- WORK REQUEST:
Filter the records below and copy every line containing the word "value".

Start of DATA TO PROCESS

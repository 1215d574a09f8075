-- ===== src/Rollback/Healthy.antt =====
-- node-stm32f103/bootloader/src/image_installer.c: the rollback copy when no flash call fails.
use secure_delta_ota_bootloa.Base.{
  ℕ, zero, suc, ◌+◌, ◌*◌, ◌≤◌, ◌<◌, ◌≡◌, ◌≢◌, refl, ap, sym, ◌∙◌, subst, true, Option, none, some,
  List, [], ◌∷◌, arith, length, All,
}
use secure_delta_ota_bootloa.Base.Bits.{bit_and_low}
use secure_delta_ota_bootloa.Base.Bytes.{IsByte, le16}
use secure_delta_ota_bootloa.Base.Range.{
  read_range, read_range-IsByte, length-read_range, bytes_equal_refl,
}
use secure_delta_ota_bootloa.Memory.{
  application_start_address, application_max_size, ext_incoming_size,
}
use secure_delta_ota_bootloa.BootMetadata.{
  BootMetadata, code, rollback, max_boot_attempts, finalize, state_fields_are_consistent,
}
use secure_delta_ota_bootloa.BootMetadata.Checks.{
  validate_iff, HasSoundFields, IsSealed, IsComplete,
}
use secure_delta_ota_bootloa.BootMetadata.Image.{calculate_crc-finalize}
use secure_delta_ota_bootloa.Slots.Order.{next_range}
use secure_delta_ota_bootloa.Flash.{Flash, FlashLaws}
use secure_delta_ota_bootloa.NorFlash.{NorFlash, NorLaws, IsReadable}
use secure_delta_ota_bootloa.MetadataStorage.{program_bytes, candidate}
use secure_delta_ota_bootloa.MetadataStorage.Frame.{program_bytes-value}
use secure_delta_ota_bootloa.MetadataStorage.Newest.{accepts}
use secure_delta_ota_bootloa.MetadataStorage.Healthy.{IsHealthy, program_bytes_ok}
use secure_delta_ota_bootloa.ExternalStorage.{backup, read, get_partition}
use secure_delta_ota_bootloa.ExternalStorage.Frame.{start_of, size_of, resolve_range-inside}
use secure_delta_ota_bootloa.BackupImage.{data_offset}
use secure_delta_ota_bootloa.BackupStorage.{read_image, image_range_valid}
use secure_delta_ota_bootloa.BackupStorage.Frame.{image_start, backup_start}
use secure_delta_ota_bootloa.Rollback.Page.{load_backup_page-lem}
use secure_delta_ota_bootloa.Rollback.Round.{next_checkpoint_lem}
use secure_delta_ota_bootloa.Rollback.{
  ok, Board, program_half_words, program_page, load_backup_page, page_of, program_backup_page,
}

-- What the rollback asks of the record: the fields of its state, but the checkpoint.
pub record IsRollingBack (m : BootMetadata) : Type 0 where
  pub rolling : m.state ≡ code rollback
  pub payload : IsComplete m
  pub bounded : m.expected_size ≤ ext_incoming_size
  pub pending : m.pending_version ≢ 0
  pub attempts : m.boot_attempts ≤ max_boot_attempts

module _ (flash : Flash) (laws : FlashLaws flash) (healthy : IsHealthy flash) where
  open healthy use {erase_completes, program_completes}

  -- On pages of whole half-words the loop is the one of the metadata storage.
  program_half_words-bytes :
      (n address : ℕ) (bs : List ℕ) (d : flash.Device)
      → length bs ≡ 2 * n
      → program_half_words flash address bs d ≡ (true, (program_bytes flash address bs d).1)
  unfolding program_half_words program_bytes
  program_half_words-bytes n address [] d e = refl
  program_half_words-bytes n address (x ∷ []) d e = absurd (omega arith)
  program_half_words-bytes zero address (x ∷ y ∷ rest) d e = absurd (omega arith)
  program_half_words-bytes (suc n) address (x ∷ y ∷ rest) d e =
      rw (program_completes address (le16 x y) d) (
        program_half_words-bytes n (address + 2) rest
          (flash.program_half_word address (le16 x y) d).1 (omega arith))

  program_page_ok :
      (page_offset : ℕ) (page : List ℕ) (d : flash.Device)
      → length page ≡ 1024
      → All IsByte page
      → (program_page flash page_offset page d).0 ≡ ok
  program_page_ok page_offset page d len bytes =
      let address = application_start_address + page_offset in
      let erased = flash.erase_page address d in
      let programmed = program_bytes flash address page erased.1 in
      let value =
        program_bytes-value flash laws 512 address page erased.1 (omega (arith, len)) bytes
          (λ a lo hi.
            laws.erase_blank address a d (erase_completes address d) lo (omega (arith, hi, len)))
          (program_bytes_ok flash laws healthy address page erased.1) in
      unfold program_page in
      rw
        (
          erase_completes address d,
          program_half_words-bytes 512 address page erased.1 (omega (arith, len)),
          value,
          bytes_equal_refl page,
        )
        refl

  consistent_at :
      (k : ℕ) (m : BootMetadata) (d : flash.Device)
      → k ≤ 38
      → IsRollingBack m
      → state_fields_are_consistent (candidate flash (record m { copy_offset = 1024 * k }) d) ≡ true
  unfolding state_fields_are_consistent candidate finalize
  consistent_at k m d inside rolling = rw (rolling.rolling) (
      ground (
        arith,
        bit_and_low 10 (1024 * k),
        inside,
        rolling.payload,
        rolling.pending,
        rolling.attempts,
      ))

  pub candidate_accepted :
      (k : ℕ) (m : BootMetadata) (d : flash.Device)
      → k ≤ 38
      → IsRollingBack m
      → accepts (candidate flash (record m { copy_offset = 1024 * k }) d) ≡ true
  candidate_accepted k m d inside rolling =
      let c = candidate flash (record m { copy_offset = 1024 * k }) d in
      let sealed : IsSealed c = record {
        magic_set = unfold candidate in unfold finalize in refl;
        version_set = unfold candidate in unfold finalize in refl;
        crc_matches = unfold candidate in calculate_crc-finalize _;
      } in
      let sound : HasSoundFields c = record {
        generation_set = unfold candidate in unfold finalize in (next_range _).1;
        state_known = unfold candidate in unfold finalize in omega (arith, rolling.rolling);
        received_bounded = unfold candidate in unfold finalize in omega (arith, rolling.payload);
        expected_bounded = unfold candidate in unfold finalize in rolling.bounded;
        offset_bounded = unfold candidate in unfold finalize in omega (arith, inside);
        consistent = consistent_at k m d inside rolling;
      } in
      let e = (validate_iff c).1 (sealed, sound) in rw e refl

backup_size : size_of backup ≡ 0x20000
unfolding size_of get_partition
backup_size = refl

module _ (flash : Flash) (laws : FlashLaws flash) (healthy : IsHealthy flash) (nor : NorFlash)
    (nor_laws : NorLaws nor) (readable : IsReadable nor) where
  read_image-readable :
      (offset n : ℕ) (d : nor.Device)
      → offset + n ≤ application_max_size
      → n ≢ 0
      → (read_image nor offset n d).0 ≡ some (read_range (nor.memory d) (image_start + offset) n)
  read_image-readable offset n d inside nonempty =
      let in_range : image_range_valid offset n ≡ true =
        unfold image_range_valid in ground (arith, inside) in
      let place : start_of backup + (data_offset + offset) ≡ image_start + offset =
        omega (arith, backup_start) in
      unfold read_image in
      unfold read in
      rw
        (
          in_range,
          resolve_range-inside backup (data_offset + offset) n (omega (arith, backup_size, inside))
              nonempty,
          place,
        )
        (readable.reads (image_start + offset) n d (omega (arith, inside)))

  page_of-some :
      (result : Option (List ℕ) × nor.Device) (bs : List ℕ)
      → result.0 ≡ some bs
      → (page_of flash nor result).0 ≡ ok
  page_of-some (none, e) bs q = absurd (cc)
  page_of-some (some page, e) bs q = refl

  load_backup_page_ok :
      (k : ℕ) (d : nor.Device) → k < 38 → (load_backup_page flash nor (1024 * k) d).0 ≡ ok
  load_backup_page_ok k d short =
      let len = (next_checkpoint_lem k short).0 in
      unfold load_backup_page in
      rw len (
        page_of-some (read_image nor (1024 * k) 1024 d) _
          (read_image-readable (1024 * k) 1024 d (omega (arith, short)) (omega arith)))

  pub program_backup_page_ok :
      (k : ℕ) (b : Board flash nor) → k < 38 → (program_backup_page flash nor (1024 * k) b).0 ≡ ok
  program_backup_page_ok k b short =
      let good = load_backup_page_ok k b.external short in
      let page = load_backup_page flash nor (1024 * k) b.external in
      let (bytes, nonempty) =
        (load_backup_page-lem flash laws nor nor_laws (1024 * k) b.external).1 good in
      let len = (next_checkpoint_lem k short).0 in
      unfold program_backup_page in
      rw good (
        program_page_ok flash laws healthy (1024 * k) page.1 b.internal
          (ap length bytes ∙ length-read_range _ _ _ ∙ len)
          (subst (All IsByte) (sym bytes)
            (read_range-IsByte _ _ _ (nor_laws.memory_byte b.external))))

End of DATA TO PROCESS

- TASK OUTPUT:
use secure_delta_ota_bootloa.MetadataStorage.Frame.{program_bytes-value}
      let value =
        program_bytes-value flash laws 512 address page erased.1 (omega (arith, len)) bytes
          value,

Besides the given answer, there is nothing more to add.